Chinese Military Seeks Image Makeover by Giving Medical Aid

PostMon May 25, 2020 4:12 am

VOA - World News


TAIPEI - China’s armed forces are giving anti-COVID medical aid this month to soften their image in four countries that dispute Beijing’s military-enforced control over a resource-rich sea.   


The Chinese People's Liberation Army sent COVID-19 containment supplies to 12 countries by air force planes, state-run China Global Television Network reported. Among them were South China Sea rim countries Brunei, Indonesia, Malaysia and the Philippines. Armed forces from all 12 nations asked for help, the network said.   


Brunei, Malaysia and the Philippines dispute features in the 3.5 million-square-kilometer South China Sea with Beijing. Indonesia has no land dispute but stops Chinese vessels that enter waters near one of its outlying archipelagos. These smaller states normally equate the Chinese military – the world’s third strongest – with ships, hangars and aircraft flyovers used to assert control in the disputed waters. 


Aid for COVID-19 outbreaks will soften that image, analysts say. 


“It has a very positive publicity effect,” said Huang Kwei-bo, vice dean of the international affairs college at National Chengchi University in Taipei. “The impact of this will probably be stronger than, for example, sending a military ship to another country’s port, because it relates directly to human health.” 


A Chinese transport aircraft took medical masks, goggles, protective clothing and waterproof isolation to Brunei on May 12, the official Xinhua News Agency reported. The People's Liberation Army held videoconferences with counterparts in Indonesia and Malaysia this month to share experience fighting the disease, Xinhua said.   


These Southeast Asian states will accept the Chinese military’s aid and see it as China’s campaign to look more humanitarian than its longtime geopolitical rival the United States, said Derek Grossman, a senior defense analyst with the RAND Corp. research institution. Beijing hopes to best Washington in amounts of aid and speed of delivery, he said. 



Chinese Foreign Minister Wang Yi, right, shakes hands with Brunei's Second Minister of Foreign Affairs and Trade Erywan Yusof as he arrives for a meeting at the Diaoyutai State Guesthouse in Beijing, Jan. 21, 2020.

Brunei as a longer-term receiver of Chinese investment seldom criticizes China over the sea. But Malaysia irked China by filing documentation in December to a United Nations commission about plans to extend its rights in the sea beyond 370 kilometers from its baselines. On April 30 the Philippines rejected China’s “illegal designation” of the sea’s Fiery Cross Reef as an administrative center. 


These countries would speak out again despite medical aid, though mindful of China severing links if too vocal, Grossman said    “They can compartmentalize pretty well,” he said. “They can accept the aid but still criticize.” 
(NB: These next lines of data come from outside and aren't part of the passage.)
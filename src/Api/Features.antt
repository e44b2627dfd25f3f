-- ===== src/Api/Features.antt =====
-- api/v1/store.go: the parts of a store's specification that configure the services and the network of
-- the shop, with the fields that the modelled code reads.
use shopware_operator.Prelude.{String, Bool, List}
use shopware_operator.Prelude.Int.{ℤ}

pub record SecretRef : Type 0 where
  pub name : String
  pub key : String

pub record RedisSpec : Type 0 where
  pub redis_dsn : String
  pub redis_host : String
  pub redis_port : ℤ
  pub redis_index : ℤ

-- SessionCacheSpec, AppCacheSpec and LockSpec, which all have these two fields
pub record CacheSpec : Type 0 where
  pub redis : RedisSpec
  pub adapter : String

pub record FpmSpec : Type 0 where
  pub process_management : String
  pub listen : String
  pub scrape_uri : String
  pub status_path : String
  pub max_children : ℤ
  pub start_servers : ℤ
  pub min_spare_servers : ℤ
  pub max_spare_servers : ℤ

pub record BlackfireSpec : Type 0 where
  pub enabled : Bool
  pub host : String
  pub port : ℤ

pub record TidewaysSpec : Type 0 where
  pub enabled : Bool
  pub host : String
  pub port : ℤ
  pub service : String
  pub api_key_ref : SecretRef

pub record OtelSpec : Type 0 where
  pub enabled : Bool
  pub service_name : String
  pub traces_exporter : String
  pub exporter_protocol : String
  pub exporter_endpoint : String

pub record OpensearchIndexSpec : Type 0 where
  pub replicas : ℤ
  pub shards : ℤ
  pub prefix : String

pub record NetworkSpec : Type 0 where
  pub enabled_ingress : Bool
  pub enabled_gateway : Bool
  pub host : String
  pub hosts : List String
  pub app_url_host : String
  pub port : ℤ
  pub pre_stop_delay_seconds : ℤ

-- Configuration; its `Fastly` is a field of the specification itself here.
pub record Configuration : Type 0 where
  pub currency : String
  pub locale : String
  pub usage_data_consent : String
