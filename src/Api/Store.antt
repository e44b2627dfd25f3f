-- ===== src/Api/Store.antt =====
-- api/v1: the Store resource, with the fields that the modelled code reads, and its status.
use shopware_operator.Prelude.{ℕ, String, Bool, Option, List, ◌==◌}
use shopware_operator.Prelude.Int.{ℤ}
use shopware_operator.Api.State.{AppState, DeploymentState, is_one_of}
use shopware_operator.Api.Conditions.{Condition, add_condition, get_last_condition}
pub use shopware_operator.Api.Features.{SecretRef}
use shopware_operator.Api.Features.{
  RedisSpec, CacheSpec, FpmSpec, BlackfireSpec, TidewaysSpec, OtelSpec, OpensearchIndexSpec,
  NetworkSpec, Configuration,
}
use shopware_operator.Api.Container.{ContainerSpec, ContainerMergeSpec}

pub record DatabaseSpec : Type 0 where
  pub host : String
  pub host_ref : SecretRef
  pub port : ℤ
  pub version : String
  pub user : String
  pub name : String
  pub ssl_mode : String
  pub tls_secret_name : String
  pub tls_client_certificate : Bool
  pub tls_dont_verify_server_certificate : Bool
  pub options : String
  pub password_secret_ref : SecretRef

pub record Credentials : Type 0 where
  pub username : String
  pub password : String
  pub username_secret_ref : SecretRef
  pub password_secret_ref : SecretRef

pub record FastlySpec : Type 0 where
  pub disable_on_setup_migration : Bool
  pub token_ref : SecretRef
  pub service_ref : SecretRef

pub record OpensearchSpec : Type 0 where
  pub index : OpensearchIndexSpec
  pub enabled : Bool
  pub host : String
  pub username : String
  pub password_secret_ref : SecretRef
  pub port : ℤ
  pub schema : String

pub record S3Storage : Type 0 where
  pub endpoint_url : String
  pub private_bucket_name : String
  pub public_bucket_name : String
  pub region : String
  pub access_key_ref : SecretRef
  pub secret_access_key_ref : SecretRef

pub record WorkerSpec : Type 0 where
  pub redis : RedisSpec
  pub adapter : String
  pub enable_keda_scaling : Bool
  pub max_replicas : ℤ
  pub min_replicas : ℤ
  pub cooldown_period : ℤ
  pub polling_interval : ℤ
  pub target_queue_length : ℤ

-- HPASpec; a metric and the behavior are only passed on.
pub record HpaSpec : Type 0 where
  pub min_replicas : Option ℤ
  pub max_replicas : ℤ
  pub metrics : List String
  pub behavior : Option String
  pub enabled : Bool
  pub annotations : Option (List (String × String))

pub record StoreSpec : Type 0 where
  pub database : DatabaseSpec
  pub container : ContainerSpec
  pub admin_deployment_container : ContainerMergeSpec
  pub worker_deployment_container : ContainerMergeSpec
  pub storefront_deployment_container : ContainerMergeSpec
  pub setup_job_container : ContainerMergeSpec
  pub migration_job_container : ContainerMergeSpec
  pub network : NetworkSpec
  pub s3_storage : S3Storage
  pub cdn_url : String
  pub blackfire : BlackfireSpec
  pub tideways : TidewaysSpec
  pub otel : OtelSpec
  pub fpm : FpmSpec
  pub horizontal_pod_autoscaler : HpaSpec
  pub service_account_name : String
  pub setup_script : String
  pub migration_script : String
  pub opensearch_spec : OpensearchSpec
  pub shop_configuration : Configuration
  pub fastly : FastlySpec
  pub disable_checks : Bool
  pub disable_s3_check : Bool
  pub disable_fastly_check : Bool
  pub disable_opensearch_check : Bool
  pub disable_database_check : Bool
  pub session_cache : CacheSpec
  pub app_cache : CacheSpec
  pub lock : CacheSpec
  pub worker : WorkerSpec
  pub secret_name : String
  pub admin_credentials : Credentials
  pub scheduled_task_suspend : Bool

abbrev pub StoreCondition : Type 0
StoreCondition = Condition String

pub record DeploymentCondition : Type 0 where
  pub state : DeploymentState
  pub last_update_time : ℕ
  pub message : String
  pub ready : String
  pub store_replicas : ℤ

pub record QueueTransportStats : Type 0 where
  pub name : String
  pub count : ℤ

pub record QueueCondition : Type 0 where
  pub last_update_time : ℕ
  pub error : String
  pub transports : List QueueTransportStats
  pub uncountable_transports : List String

pub record StoreStatus : Type 0 where
  pub state : AppState
  pub message : String
  pub current_image_tag : String
  pub worker_state : DeploymentCondition
  pub admin_state : DeploymentCondition
  pub storefront_state : DeploymentCondition
  pub queue_state : QueueCondition
  pub conditions : List StoreCondition

pub record Store : Type 0 where
  pub namespace : String
  pub name : String
  pub deletion_timestamp : Option ℕ
  pub spec : StoreSpec
  pub status : StoreStatus

-- StoreConditionsList.AddCondition on the status of a store
unfoldable pub store_add_condition : StoreCondition → Store → Store
unfolding add_condition
store_add_condition c s = record s {
  status = record s.status { conditions = add_condition ◌==◌ c s.status.conditions };
}

-- Store.IsState
abbrev pub store_is_state : Store → List AppState → Bool
store_is_state s states = is_one_of s.status.state states

abbrev pub zero_condition : StoreCondition
zero_condition = record {
  type = "";
  last_transition_time = 0;
  last_update_time = 0;
  message = "";
  reason = "";
  status = "";
}

-- StoreConditionsList.GetLastCondition
unfoldable pub store_last_condition : Store → StoreCondition
unfolding get_last_condition
store_last_condition s = get_last_condition zero_condition s.status.conditions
The U.S. government had sent about $18.3 million in emergency health and humanitarian aid to Southeast Asia as of March 31 for COVID-19 relief, the Department of State says on its website. 


China will not lighten up military movement in the contested sea while giving aid, analysts believe. But it would look bad if it halted medical assistance over a recipient country’s criticism, Grossman said.   


Non-military donors in China had already sent aid to much of Southeast Asia starting  as early as March.   


In Malaysia, people feel “positively” about the Chinese assistance or have a neutral view, said Ibrahim Suffian, program director with the polling group Merdeka Center in Kuala Lumpur. Malaysian media covered the donations for just a few days, and it’s not easily visible to people providing healthcare, he said. Some people still worry about the maritime dispute, Suffian added.   


“Over here it is somewhat mixed in a sense that they see the assistance from China medical diplomacy thing positively, and China trying to be a good neighbor and all, but there’s also within some quarters some concern about the South China Sea issue recently,” Suffian said. 


Taiwan and Vietnam make claims on the South China Sea, as well. China has taken a military lead over the other claimants since 2010 by building up some of the sea’s larger islets, sparking opposition from around Asia and the United States. 


Asian countries prize the sea for energy reserves, fisheries and marine shipping lanes.